I had a vision in my head of how I wanted Thursday’s 98 minute block period to go.

My 8th grade Pre-Algebra class was nearing the end of our linear graphing unit. I had just given a quiz on graphing lines using our BFF (best formula forever…y-mx+b) and finding the equation of a graphed line. The quiz entailed receiving an equation and a blank piece of Cornell Notes graph paper and writing up a set of notes which would help your grandmother (who used to know how to graph, but that was 40 years ago…) understand how to graph.

As on all quizzes, results varied widely and I wanted a chance to meet with students who had similar misconceptions from the quiz to do some reteaching.

Enter…the GRAPHING GALA…

My vision was to have several graphing stations set up where students would work independently on concepts I wanted them to practice before the exam. While this was happening, I would pull small groups of students and either reteach or extend their understanding of graphing linear equations.

While I had ideas of different activities for each station, I really didn’t want to invent them from scratch. I definitely wanted a matching activity…equation cards and graph cards…but again, I was hoping not to make a zillion graphs on GeoGebra as I was sure someone had done this already and I could find it on the web.

I’m sure there are endless activities floating around on the interwebs, I stumbled on this site which has really wonderful stuff to use for independent stations. It’s mostly Algebra 1 and geometry stuff, but there’s a bit of other content there as well. Dr. Robinson is a professor at Tallahassee Community College in Florida.

I assigned students a partner based on data from their last quiz. I wanted to make sure that the pair could independently do all the stations (since I would be working with small groups all period), so some pairs were a high student with a low student, while others were students with strengths and misconceptions that complimented each other. In addition to a partner, each student was assigned a color, so when I called groups, I called two pairs (who all had the same color). I tried to make the 4-person color groups somewhat homogeneous in terms of needs so that I could focus on 1 or 2 misconceptions during our small group time. Each group got 15 minutes with me and I successfully met with 5 groups during the 98 minutes. Since I have just 20 students, every student got a full 15 min. with me in a 4-person group.

But in all seriousness, it was an amazing class period.

Students each received a cover sheet and in both periods I had an extra adult(s) who had an answer key and stickers to hand out when students completed a station (student teachers in 1 period and an IA and 8th grade tutor in another period).

Station #1, Stained Glass Window was practice graphing equations in y=mx+b and coloring in the geometric designed formed by the lines. This activity is from Dr. Robinson’s site.

Station # 2 was a worksheet I made (by hand as at that point I didn’t have the energy to create more graphs on GeoGebra) where students had to identify the equation of a graphed horizontal and vertical line or graph a horizontal or vertical line when given an equation. When done, they got to play this silly game for 5 minutes.

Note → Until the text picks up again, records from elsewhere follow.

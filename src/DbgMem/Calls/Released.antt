-- ===== src/DbgMem/Calls/Released.antt =====
-- A block of src/dbg_malloc.cpp whose record was released: what otelc_dbg_free does to it, and to one that
-- is still allocated.
use opentelemetry_c_wrapper.Prelude.{
  ℕ, zero, suc, ◌<◌, ◌≡◌, refl, ap, ◌∙◌, inl, inr, Bool, true, false, not, ◌&&◌, ◌||◌, arith, ◌==◌,
  ==_iff, Bool-cases, Option-cases, if◌then◌else◌, List, [], ◌∷◌, Option, none, some, length, set,
  length-set,
}
use opentelemetry_c_wrapper.Heap.{Heap, free}
use opentelemetry_c_wrapper.DbgMem.{
  Mem, Record, State, Header, Ref, null, block, address, held, cell, table_record, record_address,
  same_ptr, is_current, is_unset, is_wrapper_block, among, is_stale, stale_locked, mem_release,
  release_locked, release_held, drop_record, less_size, counted,
}
use opentelemetry_c_wrapper.DbgMem.Calls.{base_of, is_own, c_free, free_payload}
use opentelemetry_c_wrapper.DbgMem.Slots.{IsSound}
use opentelemetry_c_wrapper.DbgMem.Size.{cell-set}

abbrev pub process : Mem → Heap → (ℕ → Header) → State
process m h hd = record { heap = h; header = hd; dbg_mem = some m }

among-true :
    (n : ℕ) (rs : List Record) (i p : ℕ)
    → i < n
    → i < length rs
    → (cell rs i).ptr ≡ some p
    → among n rs p ≡ true
unfolding among cell same_ptr
among-true zero rs i p h b e = absurd (omega arith)
among-true (suc n) [] i p h b e = absurd (omega arith)
among-true (suc n) (r ∷ rs) zero p h b e = rw e (ground arith)
among-true (suc n) (r ∷ rs) (suc i) p h b e =
    rw (among-true n rs i p (omega arith) (omega arith) e) (Bool-true (same_ptr r.ptr p))
  where
    Bool-true : (b : Bool) → (b || true) ≡ true
    Bool-true true = refl
    Bool-true false = refl

-- A block whose record was released: some record that was assigned has its base, and none describes
-- it as allocated.
pub record IsReleased (m : Mem) (p : ℕ) : Type 0 where
  pub known : among m.assigned m.data_cells p ≡ true
  pub not_current : (i : ℕ) → is_current m i p ≡ false

-- Whatever is left in place of the header, short of a forged header of an untracked block.
unfoldable pub is_forged : ℕ → Header → Bool
is_forged p h = is_own p h && h.magic

wrapper-magic : (q : Header) → is_wrapper_block q ≡ true → q.magic ≡ true
unfolding is_wrapper_block
wrapper-magic q e = go q.data_ref q.magic e
  where
    go :
        (r : Ref) (g : Bool)
        → is_wrapper_block (record { data_ref = r; magic = g }) ≡ true
        → g ≡ true
    go null g e = absurd (cc (e))
    go (block b) g e = e
    go (address a) g e = e

set-unset :
    (p : ℕ) (r : Ref) (g : Bool)
    → is_wrapper_block (record { data_ref = r; magic = g }) ≡ true
    → is_own p (record { data_ref = r; magic = g }) ≡ false
    → (is_unset p r || not g) ≡ false
unfolding is_wrapper_block is_own is_unset
set-unset p null g a b = absurd (cc (a))
set-unset p (block q) true a b = rw b refl
set-unset p (block q) false a b = absurd (cc (a))
set-unset p (address q) true a b = refl
set-unset p (address q) false a b = absurd (cc (a))

release_again :
    (m : Mem) (h : Heap) (hd : ℕ → Header) (p : ℕ)
    → IsReleased m p
    → is_wrapper_block (hd p) ≡ true
    → is_own p (hd p) ≡ false
    → release_held p m (process m h hd) ≡ (false, process m h hd)
unfolding release_held
release_again m h hd p w a b = elim (Option-cases (table_record m (hd p).data_ref)) [
  | inl t ↦ rw (set-unset p (hd p).data_ref (hd p).magic a b, t) refl
  | inr (i, t) ↦ rw (set-unset p (hd p).data_ref (hd p).magic a b, t, w.not_current i) refl
]

pub free_again :
    (junk : ℕ → Header) (m : Mem) (h : Heap) (hd : ℕ → Header) (x : ℕ)
    → IsReleased m (base_of x)
    → is_forged (base_of x) (hd (base_of x)) ≡ false
    → free_payload junk held x (process m h hd) ≡ process m h hd
unfolding free_payload is_stale stale_locked mem_release release_locked is_forged
free_again junk m h hd x w f =
    let p = base_of x in
    elim (Bool-cases (is_wrapper_block (hd p))) [
      | inr a ↦ rw (a, w.known) refl
      | inl a ↦
          let own : is_own p (hd p) ≡ false = ground (arith, f, wrapper-magic (hd p) a) in
          rw (a, own, release_again m h hd p w a own) refl
    ]

-- A block that is allocated: its header refers to a record of the table, which is the only one that
-- describes it as allocated.
pub record IsAllocated (m : Mem) (hd : ℕ → Header) (p i : ℕ) : Type 0 where
  pub header : hd p ≡ record { data_ref = address (record_address m i); magic = true }
  pub record_found : table_record m (address (record_address m i)) ≡ some i
  pub current : is_current m i p ≡ true
  pub assigned : i < m.assigned
  pub only : (j : ℕ) → is_current m j p ≡ true → j ≡ i

current_ptr : (m : Mem) (i p : ℕ) → is_current m i p ≡ true → (cell m.data_cells i).ptr ≡ some p
unfolding is_current same_ptr
current_ptr m i p e = go (cell m.data_cells i).used (cell m.data_cells i).ptr e
  where
    go : (u : Bool) (o : Option ℕ) → (u && same_ptr o p) ≡ true → o ≡ some p
    go false o e = absurd (cc (e))
    go true none e = absurd (cc (e))
    go true (some q) e = ap some ((==_iff q p).0 e)

pub dropped-IsReleased :
    (m : Mem) (hd : ℕ → Header) (p i : ℕ)
    → IsSound m
    → IsAllocated m hd p i
    → IsReleased (drop_record i m) p
unfolding drop_record less_size counted is_current
dropped-IsReleased m hd p i w a =
    let d = cell m.data_cells i in
    let r : Record = record { ptr = d.ptr; size = d.size; used = false } in
    let b : i < length m.data_cells = omega (arith, w.filled, w.assigned_bound, a.assigned) in
    record {
      known =
          among-true m.assigned (set m.data_cells i r) i p a.assigned
            (omega (arith, length-set m.data_cells i r, b))
            (ap (λ (q : Record). q.ptr) (cell-set m.data_cells i i r b)
              ∙ ground (arith, current_ptr m i p a.current));
      not_current = λ j. rw (cell-set m.data_cells i j r b) (elim (Bool-cases (j == i)) [
        | inl e ↦ rw e refl
        | inr e ↦ rw e (elim (Bool-cases (is_current m j p)) [
          | inl c ↦ absurd (ground (arith, a.only j c, e))
          | inr c ↦ c
        ])
      ]);
    }

release_first :
    (m : Mem) (h : Heap) (hd : ℕ → Header) (p i : ℕ)
    → IsAllocated m hd p i
    → release_held p m (process m h hd) ≡ (true, process (drop_record i m) h hd)
unfolding release_held is_unset
release_first m h hd p i a = rw (a.header, a.record_found, a.current) refl

abbrev pub scribbled : (ℕ → Header) → (ℕ → Header) → ℕ → ℕ → Header
scribbled junk hd p q = if q == p then junk p else hd q

pub free_first :
    (junk : ℕ → Header) (m : Mem) (h : Heap) (hd : ℕ → Header) (x i : ℕ)
    → IsAllocated m hd (base_of x) i
    → free_payload junk held x (process m h hd)
      ≡ process (drop_record i m) (free (base_of x) h) (scribbled junk hd (base_of x))
unfolding free_payload mem_release release_locked c_free is_wrapper_block is_own
free_first junk m h hd x i a =
    let p = base_of x in
    let wrapped : is_wrapper_block (hd p) ≡ true = rw a.header refl in
    let own : is_own p (hd p) ≡ false = rw a.header refl in
    simp (wrapped, own, release_first m h hd p i a) refl
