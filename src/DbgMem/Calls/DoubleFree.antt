-- ===== src/DbgMem/Calls/DoubleFree.antt =====
-- The second free of a block in src/dbg_malloc.cpp: the tracker keeps it from the C library.
use mathlib.Core.Path.{subst}
use opentelemetry_c_wrapper.Prelude.{
  ℕ, zero, suc, ◌≡◌, refl, sym, ap, ◌∙◌, inl, inr, Bool, true, false, not, ◌&&◌, ◌||◌, arith, ◌==◌,
  ==_iff, Bool-cases, Option-cases, if◌then◌else◌, List, [], ◌∷◌, some, set,
}
use opentelemetry_c_wrapper.Heap.{Heap, free}
use opentelemetry_c_wrapper.DbgMem.{
  Mem, Record, State, Header, held, cell, table_record, same_ptr, is_current, is_unset,
  is_wrapper_block, among, is_stale, stale_locked, mem_release, release_locked, release_held,
  drop_record, less_size, counted,
}
use opentelemetry_c_wrapper.DbgMem.Calls.{base_of, is_own, c_free, free_payload, dbg_free}
use opentelemetry_c_wrapper.DbgMem.Slots.{IsSound}
use opentelemetry_c_wrapper.DbgMem.Calls.Released.{
  IsAllocated, IsReleased, dropped-IsReleased, free_again, free_first, is_forged, process,
  scribbled,
}

-- The tracker is there, the record of the block is released, and the C library has scribbled over
-- its header.
record Freed (junk : ℕ → Header) (p : ℕ) (s : State) : Type 0 where
  table : Mem
  there : s.dbg_mem ≡ some table
  released : IsReleased table p
  overwritten : s.header p ≡ junk p

-- A record that is dropped keeps its pointer and is in use no more.
among-set :
    (n : ℕ) (rs : List Record) (i : ℕ) (r : Record) (p : ℕ)
    → r.ptr ≡ (cell rs i).ptr
    → among n (set rs i r) p ≡ among n rs p
unfolding among cell
among-set zero rs i r p e = refl
among-set (suc n) [] i r p e = refl
among-set (suc n) (q ∷ rs) zero r p e = rw e refl
among-set (suc n) (q ∷ rs) (suc i) r p e = rw (among-set n rs i r p e) refl

set-not_current :
    (rs : List Record) (i j : ℕ) (r : Record) (p : ℕ)
    → r.used ≡ false
    → ((cell rs j).used && same_ptr (cell rs j).ptr p) ≡ false
    → ((cell (set rs i r) j).used && same_ptr (cell (set rs i r) j).ptr p) ≡ false
unfolding cell
set-not_current [] i j r p u e = e
set-not_current (q ∷ rs) zero zero r p u e = rw u refl
set-not_current (q ∷ rs) zero (suc j) r p u e = e
set-not_current (q ∷ rs) (suc i) zero r p u e = e
set-not_current (q ∷ rs) (suc i) (suc j) r p u e = set-not_current rs i j r p u e

drop-IsReleased : (m : Mem) (i p : ℕ) → IsReleased m p → IsReleased (drop_record i m) p
unfolding drop_record less_size counted is_current
drop-IsReleased m i p w =
    let d = cell m.data_cells i in
    let r : Record = record { ptr = d.ptr; size = d.size; used = false } in
    record {
      known = among-set m.assigned m.data_cells i r p refl ∙ w.known;
      not_current = λ j. set-not_current m.data_cells i j r p refl (w.not_current j);
    }

c_free-Freed :
    (junk : ℕ → Header) (p x : ℕ) (s : State) → Freed junk p s → Freed junk p (c_free junk x s)
unfolding c_free
c_free-Freed junk p x s w = record {
  table = w.table;
  there = w.there;
  released = w.released;
  overwritten = elim (Bool-cases (p == x)) [
    | inl e ↦ rw e (ap junk (sym ((==_iff p x).0 e)))
    | inr e ↦ rw e w.overwritten
  ];
}

-- A process with a tracker that has released the block.
kept :
    (junk : ℕ → Header) (p : ℕ) (m : Mem) (h : Heap) (hd : ℕ → Header)
    → IsReleased m p
    → hd p ≡ junk p
    → Freed junk p (process m h hd)
kept junk p m h hd w e = record { table = m; there = refl; released = w; overwritten = e }

release-Freed :
    (junk : ℕ → Header) (p x : ℕ) (m : Mem) (h : Heap) (hd : ℕ → Header)
    → IsReleased m p
    → hd p ≡ junk p
    → Freed junk p (release_held x m (process m h hd)).1
unfolding release_held
release-Freed junk p x m h hd w e =
    elim (Bool-cases (is_unset x (hd x).data_ref || not (hd x).magic)) [
      | inl u ↦ rw u (kept junk p m h hd w e)
      | inr u ↦ rw u (elim (Option-cases (table_record m (hd x).data_ref)) [
        | inl t ↦ rw t (kept junk p m h hd w e)
        | inr (i, t) ↦ rw t (elim (Bool-cases (is_current m i x)) [
          | inl c ↦ rw c (kept junk p (drop_record i m) h hd (drop-IsReleased m i p w) e)
          | inr c ↦ rw c (kept junk p m h hd w e)
        ])
      ])
    ]

-- The branches of a free.
branches-Freed :
    (junk : ℕ → Header) (p x : ℕ) (s : State)
    → Freed junk p s
    → (wrapped stale own : Bool) (r : Bool × State) → Freed junk p r.1
    → Freed junk p (
        if not wrapped
        then (if stale then s else c_free junk x s)
        else if own
        then c_free junk (base_of x) s
        else if r.0
        then c_free junk (base_of x) r.1
        else r.1)
branches-Freed junk p x s w false true own r v = w
branches-Freed junk p x s w false false own r v = c_free-Freed junk p x s w
branches-Freed junk p x s w true stale true r v = c_free-Freed junk p (base_of x) s w
branches-Freed junk p x s w true stale false (true, t) v = c_free-Freed junk p (base_of x) t v
branches-Freed junk p x s w true stale false (false, t) v = v

same_process :
    (junk : ℕ → Header) (p : ℕ) (s : State) (w : Freed junk p s)
    → s ≡ process w.table s.heap s.header
same_process junk p s w = ap (λ o. record s { dbg_mem = o }) w.there

free-Freed :
    (junk : ℕ → Header) (p x : ℕ) (s : State)
    → Freed junk p s
    → Freed junk p (free_payload junk held x s)
free-Freed junk p x s w =
    subst (λ t. Freed junk p (free_payload junk held x t)) (sym (same_process junk p s w))
      (go w.table s.heap s.header w.released w.overwritten)
  where
    go :
        (m : Mem) (h : Heap) (hd : ℕ → Header)
        → IsReleased m p
        → hd p ≡ junk p
        → Freed junk p (free_payload junk held x (process m h hd))
    go m h hd v e =
        unfold free_payload in
        unfold is_stale in
        unfold stale_locked in
        unfold mem_release in
        unfold release_locked in
        branches-Freed junk p x (process m h hd) (kept junk p m h hd v e)
          (is_wrapper_block (hd (base_of x))) (among m.assigned m.data_cells (base_of x))
          (is_own (base_of x) (hd (base_of x))) (release_held (base_of x) m (process m h hd))
          (release-Freed junk p (base_of x) m h hd v e)

-- Frees of any pointers, one after the other, under a held tracker.
pub free_each : (ℕ → Header) → List ℕ → State → State
free_each junk [] s = s
free_each junk (y ∷ ys) s = free_each junk ys (dbg_free junk held (some y) s)

free_each-Freed :
    (junk : ℕ → Header) (ys : List ℕ) (p : ℕ) (s : State)
    → Freed junk p s
    → Freed junk p (free_each junk ys s)
unfolding free_each dbg_free
free_each-Freed junk [] p s w = w
free_each-Freed junk (y ∷ ys) p s w = free_each-Freed junk ys p _ (free-Freed junk p y s w)

Freed-again :
    (junk : ℕ → Header) (x : ℕ) (s : State)
    → Freed junk (base_of x) s
    → is_forged (base_of x) (junk (base_of x)) ≡ false
    → free_payload junk held x s ≡ s
Freed-again junk x s w f =
    subst (λ t. free_payload junk held x t ≡ t) (sym (same_process junk (base_of x) s w))
      (free_again junk w.table s.heap s.header x w.released (rw w.overwritten f))

-- In a sound table, a block that a record describes as allocated reaches the C library once: its
-- free passes it on, and after frees of any pointers, its own among them, with no allocation in
-- between that could take its record or its address, one more free of it changes nothing. The
-- calls hold the tracker, the bytes below the block stay readable, and the C library leaves anything
-- there short of a forged header of an untracked block.
pub dbg_free-dbg_free :
    (junk : ℕ → Header) (m : Mem) (h : Heap) (hd : ℕ → Header) (x i : ℕ) (ys : List ℕ)
    → IsSound m
    → IsAllocated m hd (base_of x) i
    → is_forged (base_of x) (junk (base_of x)) ≡ false
    → let s1 = dbg_free junk held (some x) (record { heap = h; header = hd; dbg_mem = some m }) in
      let s2 = free_each junk ys s1 in
      (s1.heap ≡ free (base_of x) h) × (dbg_free junk held (some x) s2 ≡ s2)
unfolding dbg_free
dbg_free-dbg_free junk m h hd x i ys w a f =
    let p = base_of x in
    let first = free_first junk m h hd x i a in
    let s1 = process (drop_record i m) (free p h) (scribbled junk hd p) in
    let start : Freed junk p s1 = record {
      table = drop_record i m;
      there = refl;
      released = dropped-IsReleased m hd p i w a;
      overwritten = ground arith;
    } in
    (
      ap (λ (s : State). s.heap) first,
      rw first (Freed-again junk x (free_each junk ys s1) (free_each-Freed junk ys p s1 start) f),
    )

Station #3 had 20 graphs and 20 linear equations which I had copied onto fluorescent paper for added excitement. The cards were cut out and jumbled up in an envelope. This is from Dr. Robinson’s site with a few modifications.

Station #4 was the 15 minute session with me. I called students, by their color groups, and used GeoGebra, projected onto the white board to pose questions to them which focused on misconceptions they had had on their last quiz. We’d spent 10 minutes doing work together and the final 5 minutes of the group they sat together and did quiz corrections (which they could then do with ease). They earned their sticker for that group once all quiz corrections were perfect.

Station #5, Hot Air Balloon, was a more conceptual look at a system of linear equations, also taken from Dr. Robinson’s site. Students had to figure out their axes, scaling, etc.on their own.

It was a really wonderful day where the class completely ran itself and I got to meet with every single student. If only I could differentiate like that every day!

Love the BFF. My students are very miffed that y=mx+b isn’t the same thing as standard form. This week, one of them decided to name y=mx+b “awesome form.”

Yeah, I got that idea from a Berkeley colleague. Kids absolutely love it. They think I’m dorky and consequently they love it even more. On Mondays I always ask if they’ve missed their BFF over the weekend. They roll their eyes and giggle.